══ Supplied records

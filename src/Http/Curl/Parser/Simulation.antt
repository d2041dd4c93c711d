-- ===== src/Http/Curl/Parser/Simulation.antt =====
-- `ResponseBufferParser::Parse` on a buffer does what the scan does byte by byte.
use mathlib.Core.List.{append-nil}
use azure_sdk_for_cpp.Base.{
  ℕ, suc, ◌+◌, ◌-◌, ◌≡◌, refl, ◌∙◌, sym, ap, subst, inl, inr, Bool, true, false, [], ◌∷◌, ◌++◌, ltb,
  ltb→le, if◌then◌else◌, length, take, drop, Bytes, Result, ok, err, arith, Bool-cases,
}
use azure_sdk_for_cpp.Http.Url.{pop_back}
use azure_sdk_for_cpp.Base.{drop-drop, length-nil}
use azure_sdk_for_cpp.Http.Curl.Parser.{
  ParseError, ResponseBufferParser, Round, go, stop, keep_rest, parse_byte, parse_loop,
  parse_buffer, continue,
}
use azure_sdk_for_cpp.Http.Curl.Parser.Scan.{
  Scan, Scanned, more, done, bad, stray, Move, on, off, scan_byte, scan, follow,
}
use azure_sdk_for_cpp.Http.Curl.Parser.Agreement.{
  strip, Agree, AgreeRound, take-length, take-pop_back,
}
use azure_sdk_for_cpp.Http.Curl.Parser.ByteSteps.{parse_byte-Agree}

-- The result for a buffer, and that of the scan of its bytes.
unfoldable pub AgreeResult :
    Bytes → ℕ → Result ParseError (ResponseBufferParser × ℕ) → Scanned → Type 0
AgreeResult buffer size (ok (q, n)) (more b) = Agree [] 0 0 q b × (n ≡ size)
AgreeResult buffer size (ok (q, n)) (done r after) =
    ((q.parse_completed ≡ true) × (q.response ≡ r))
    × ((drop n buffer ≡ after) × (n + length after ≡ size))
AgreeResult buffer size (err e) (bad f) = e ≡ f
AgreeResult buffer size _ stray = Unit {0}
AgreeResult buffer size _ _ = ⊥

stray-AgreeResult :
    (buffer : Bytes) (size : ℕ) (o : Result ParseError (ResponseBufferParser × ℕ))
    → AgreeResult buffer size o stray
unfolding AgreeResult
stray-AgreeResult buffer size (ok (q, n)) = tt
stray-AgreeResult buffer size (err e) = tt

strip-nil : (b : Bool) → strip b [] ≡ []
unfolding pop_back
strip-nil true = refl
strip-nil false = refl

taken :
    (delimiter : Bool) (seg : Bytes) (start index : ℕ)
    → start + length seg ≡ index
    → take (index - (if delimiter then 1 else 0) - start) seg ≡ strip delimiter seg
taken true seg start index e =
    let f : index - 1 - start ≡ length seg - 1 = omega arith in
    rw f (ap (take (length seg - 1)) (sym (append-nil seg)) ∙ take-pop_back seg [])
taken false seg start index e =
    let f : index - 0 - start ≡ length seg = omega arith in
    rw f (ap (take (length seg)) (sym (append-nil seg)) ∙ take-length seg [])

-- What is kept of a buffer is the line so far.
keep_rest-Agree :
    (seg : Bytes) (start index : ℕ) (p : ResponseBufferParser) (a : Scan)
    → Agree seg start index p a
    → Agree [] 0 0 (keep_rest seg start index p) a
unfolding keep_rest
keep_rest-Agree seg start index p a g = elim (Bool-cases (ltb start index)) [
  | inl e ↦
      rw (keep_rest, e)
        (record {
          response = g.response;
          state = g.state;
          delimiter = g.delimiter;
          incomplete = g.incomplete;
          line =
              ap
                (λ x.
                  (p.internal_buffer
                    ++ take (index - (if p.delimiter_start_in_prev_position then 1 else 0) - start)
                        seg)
                  ++ x)
                (strip-nil a.returned)
              ∙ (append-nil (
                    p.internal_buffer
                    ++ take (index - (if p.delimiter_start_in_prev_position then 1 else 0) - start)
                        seg)
                  ∙ (ap (λ x. p.internal_buffer ++ x)
                        (taken p.delimiter_start_in_prev_position seg start index g.size)
                      ∙ (ap (λ b. p.internal_buffer ++ strip b seg) g.delimiter ∙ g.line)));
          size = omega arith;
          behind = λ k. inl refl;
        })
  | inr e ↦
      let none : seg ≡ [] =
        let s = g.size in let l = ltb→le start index e in length-nil seg (omega arith) in
      rw (keep_rest, e)
        (record {
          response = g.response;
          state = g.state;
          delimiter = g.delimiter;
          incomplete = g.incomplete;
          line = ap (λ x. p.internal_buffer ++ strip a.returned x) (sym none) ∙ g.line;
          size = omega arith;
          behind = λ k. inl refl;
        })
]

incomplete_parse :
    (p : ResponseBufferParser) (buffer : Bytes)
    → p.parse_completed ≡ false
    → parse_buffer p buffer ≡ parse_loop buffer 0 0 p buffer
unfolding parse_buffer
incomplete_parse p buffer e =
    if_false p.parse_completed (ok (p, 0)) (parse_loop buffer 0 0 p buffer) e
  where
    if_false : {A : Type 0} (b : Bool) (x y : A) → b ≡ false → (if b then x else y) ≡ y
    if_false true x y h = absurd cc
    if_false false x y h = refl

module _ (buffer rest : Bytes) (index : ℕ) (after : drop (suc index) buffer ≡ rest) where
  -- The rest of the loop, after the round.
  follow-Agree :
      (r : Round) (m : Move)
      → AgreeRound rest index r m
      → ((seg : Bytes) (start : ℕ) (p : ResponseBufferParser) (b : Scan)
          → Agree seg start (suc index) p b
          → AgreeResult buffer
              (suc index + length rest)
              (parse_loop (seg ++ rest) start (suc index) p rest)
              (scan b rest))
      → AgreeResult buffer
          (suc index + length rest)
          (continue (λ from_start' start' p'. parse_loop from_start' start' (suc index) p' rest) r)
          (follow (λ b. scan b rest) m)
  unfolding AgreeRound AgreeResult
  follow-Agree (go from_start start p) (on b) (seg, (e, g)) h = rw e (h seg start p b g)
  follow-Agree (stop (ok (q, n))) (off (done r t)) ((c, e), (f, g)) h =
      ((c, e), (rw (f, g) after, rw (f, g) refl))
  follow-Agree (stop (err e)) (off (bad f)) h k = h
  follow-Agree r (off stray) h k =
      stray-AgreeResult buffer (suc index + length rest)
        (continue (λ from_start' start' p'. parse_loop from_start' start' (suc index) p' rest) r)
  follow-Agree (go from_start start p) (off (more b)) h k = absurd h
  follow-Agree (go from_start start p) (off (done r t)) h k = absurd h
  follow-Agree (go from_start start p) (off (bad e)) h k = absurd h
  follow-Agree (stop (ok (q, n))) (on b) h k = absurd h
  follow-Agree (stop (ok (q, n))) (off (more b)) h k = absurd h
  follow-Agree (stop (ok (q, n))) (off (bad e)) h k = absurd h
  follow-Agree (stop (err e)) (on b) h k = absurd h
  follow-Agree (stop (err e)) (off (more b)) h k = absurd h
  follow-Agree (stop (err e)) (off (done r t)) h k = absurd h

parse_loop-Agree :
    (buffer rest seg : Bytes) (start index : ℕ) (p : ResponseBufferParser) (a : Scan)
    → drop index buffer ≡ rest
    → Agree seg start index p a
    → AgreeResult buffer
        (index + length rest)
        (parse_loop (seg ++ rest) start index p rest)
        (scan a rest)
unfolding AgreeResult parse_loop scan
parse_loop-Agree buffer [] seg start index p a d g =
    (rw (append-nil seg) (keep_rest-Agree seg start index p a g), omega arith)
parse_loop-Agree buffer (c ∷ rest) seg start index p a d g =
    let after : drop (suc index) buffer ≡ rest =
      let e : suc index ≡ index + 1 = omega arith in
      rw e (sym (drop-drop index 1 buffer) ∙ ap (drop 1) d) in
    let e : index + suc (length rest) ≡ suc index + length rest = omega arith in
    rw e (
      follow-Agree buffer rest index after (parse_byte (seg ++ (c ∷ rest)) start index p c rest)
        (scan_byte a c rest) (parse_byte-Agree seg rest start index c p a g)
        (λ seg' start' p' b h. parse_loop-Agree buffer rest seg' start' (suc index) p' b after h))

-- Between buffers, what the parser does with a buffer is what the scan does with its bytes: it is
-- in step with the scan, or has completed the response at the same byte, or refuses the same line,
-- unless a carriage return stands alone.
pub parse_buffer-AgreeResult :
    (p : ResponseBufferParser) (a : Scan) (buffer : Bytes)
    → Agree [] 0 0 p a
    → AgreeResult buffer (length buffer) (parse_buffer p buffer) (scan a buffer)
unfolding parse_buffer
parse_buffer-AgreeResult p a buffer g =
    let e : 0 + length buffer ≡ length buffer = omega arith in
    subst (λ x. AgreeResult buffer (length buffer) x (scan a buffer))
      (sym (incomplete_parse p buffer g.incomplete))
      (subst (λ n. AgreeResult buffer n (parse_loop buffer 0 0 p buffer) (scan a buffer)) e
        (parse_loop-Agree buffer buffer [] 0 0 p a refl g))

════

The answer is the lines above between the line holding "follow-Agree (stop (err e)) (off (more" and the line holding "(rw (append-nil seg)", inclusive, each written out exactly, and no others.

  follow-Agree (stop (err e)) (off (more b)) h k = absurd h
  follow-Agree (stop (err e)) (off (done r t)) h k = absurd h

parse_loop-Agree :
    (buffer rest seg : Bytes) (start index : ℕ) (p : ResponseBufferParser) (a : Scan)
    → drop index buffer ≡ rest
    → Agree seg start index p a
    → AgreeResult buffer
        (index + length rest)
        (parse_loop (seg ++ rest) start index p rest)
        (scan a rest)
unfolding AgreeResult parse_loop scan
parse_loop-Agree buffer [] seg start index p a d g =
    (rw (append-nil seg) (keep_rest-Agree seg start index p a g), omega arith)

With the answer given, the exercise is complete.